D’une personnalité complexe qui souhaitait ardemment incarner une certaine idée de l’engagement (elle a soutenu Mitterrand en 1981 sans se soucier des risques d’impopularité que cela pouvait lui causer et a donné une interview sur Fréquence Gay à une époque où le soutien de la cause homosexuelle était un acte éminemment politique), Lisa Azuelos n’a strictement rien conservé, évacuant totalement les sujets les plus potentiellement polémiques. Pire : le discours sous-jacent du film porte sur les rêves de « normalité » d’une Dalida qui n’aurait aspiré à rien d’autre qu’une vie rangée d’épouse et de mère. On pourra s’étonner également du quasi-mutisme du film sur la communauté gay qui entourait la chanteuse, réduite ici à des silhouettes à peine esquissées, comme le personnage d’Orlando.
Cinéma bulldozer
Mais, allez, puisque Dalida nous a autant ému aux larmes que fait danser jusqu’au bout de la nuit avec ses chansons, n’oublions pas de reprendre ses tubes, aussi ! Le film de Lisa Azuelos n’oublie pas d’être un long clip karaoké de plus de deux heures, compilant les hits de la vedette les uns après les autres et s’autorisant quelques raccourcis au passage. Ah, ce plan sur Dalida qui voit s’éloigner son jeune amant italien dans la neige, sur les notes d’«Il venait d’avoir 18 ans»… Oh, ce mini-clip bricolé à la va-vite de la chanteuse se trémoussant au soleil sur le si exotique « Salma ya salama»… Pour les cinéphiles curieux, la rencontre de Dalida avec le réalisateur Youssef Chahine sur le tournage du Sixième jour n’est ici que prétexte à rejouer la partition de la nostalgie de Iolanda pour une enfance contrastée. Il ne sera donc jamais question de cinéma dans Dalida, ni sur le fond, ni sur la forme.

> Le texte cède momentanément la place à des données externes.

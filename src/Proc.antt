-- ===== src/Proc.antt =====
-- Lab/code/proc.h and the data of Lab/code/proc.c: processes, the process table and the kernel's
-- state. A `struct proc*` is an index into the table, and the null pointer is `none`.
pub mod Abandoned
pub mod Alloc
pub mod Create
pub mod Exit
pub mod Files
pub mod Fork
pub mod Listing
pub mod Pids
pub mod Reap
pub mod Scanning
pub mod Sleep
pub mod System
pub mod Table
pub mod Tame
pub mod Unique
pub mod Wait
pub mod Waiting
use xmu_learning_os.Base.{Bool, List, Option, false, none, some, true, ℕ, ◌==◌}

pub data State : Type 0 where
  unused embryo sleeping runnable running zombie : State

-- Where a process sleeps: no channel, a process, a semaphore, or another address.
pub data Chan : Type 0 where
  null : Chan
  proc_at : ℕ → Chan
  sema_at : ℕ → Chan
  other : ℕ → Chan

-- The registers of a trap frame that process management writes; the rest is copied whole.
pub record Trapframe : Type 0 where
  pub eax : ℕ
  pub ebp : ℕ
  pub esp : ℕ
  pub eip : ℕ
  pub others : List ℕ

pub record Context : Type 0 where
  pub edi : ℕ
  pub esi : ℕ
  pub ebx : ℕ
  pub ebp : ℕ
  pub eip : ℕ

pub record Proc : Type 0 where
  pub sz : ℕ
  pub pgdir : ℕ
  pub kstack : ℕ
  pub state : State
  pub pid : ℕ
  pub priority : ℕ
  pub parent : Option ℕ
  pub tf : Trapframe
  pub context : Context
  pub chan : Chan
  pub killed : ℕ
  pub ofile : ℕ → Option ℕ
  pub cwd : ℕ
  pub name : ℕ → ℕ
  pub isthread : ℕ
  pub stack : ℕ
  pub ctime : ℕ
  pub stime : ℕ
  pub retime : ℕ
  pub rutime : ℕ

-- The process table, the pid counter, the clock, the init process, and the state of the services.
pub record Kernel (S : Type 0) : Type 0 where
  pub procs : ℕ → Proc
  pub nextpid : ℕ
  pub ticks : ℕ
  pub initproc : Option ℕ
  pub sv : S

abbrev pub nproc : ℕ
nproc = 64

abbrev pub nofile : ℕ
nofile = 16

-- `p->state == s`
abbrev pub is_unused : State → Bool
is_unused unused = true
is_unused _ = false

abbrev pub is_sleeping : State → Bool
is_sleeping sleeping = true
is_sleeping _ = false

abbrev pub is_runnable : State → Bool
is_runnable runnable = true
is_runnable _ = false

abbrev pub is_running : State → Bool
is_running running = true
is_running _ = false

abbrev pub is_zombie : State → Bool
is_zombie zombie = true
is_zombie _ = false

-- `p == q` on pointers to processes.
abbrev pub same_ref : Option ℕ → Option ℕ → Bool
same_ref none none = true
same_ref (some a) (some b) = a == b
same_ref _ _ = false

-- `p->chan == chan`
abbrev pub same_chan : Chan → Chan → Bool
same_chan null null = true
same_chan (proc_at a) (proc_at b) = a == b
same_chan (sema_at a) (sema_at b) = a == b
same_chan (other a) (other b) = a == b
same_chan _ _ = false

-- A pointer to a process as a channel.
abbrev pub chan_of : Option ℕ → Chan
chan_of none = null
chan_of (some i) = proc_at i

Dans cette débauche de vulgarité, reconnaissons à Sveva Alviti, qui interprète la star, la volonté de faire exister la femme au-delà de l’icône. Mais la pauvre actrice a beau faire preuve d’une belle abnégation, elle se heurte sans cesse aux limites d’un scénario grossier et d’un montage malhabile. Prenons la passion de Dalida pour la psychanalyse : elle est ici réduite à une poignée de plans fugaces qui la montrent allongée sur son lit, l’air soucieux, concentrée sur la lecture de deux ou trois essais. Hop, à peine le temps d’évoquer le sujet, il est temps pour Lisa Azuelos d’embrayer sur le tube d’après. Dalida, le film déroule son programme millimétré jusqu’au bout, sans s’embarrasser de subtilités ni de précautions. On en ressort avec la désagréable impression, une fois de plus, d’avoir assisté à un vilain concours de grimaces dont les perdants sont dans la salle.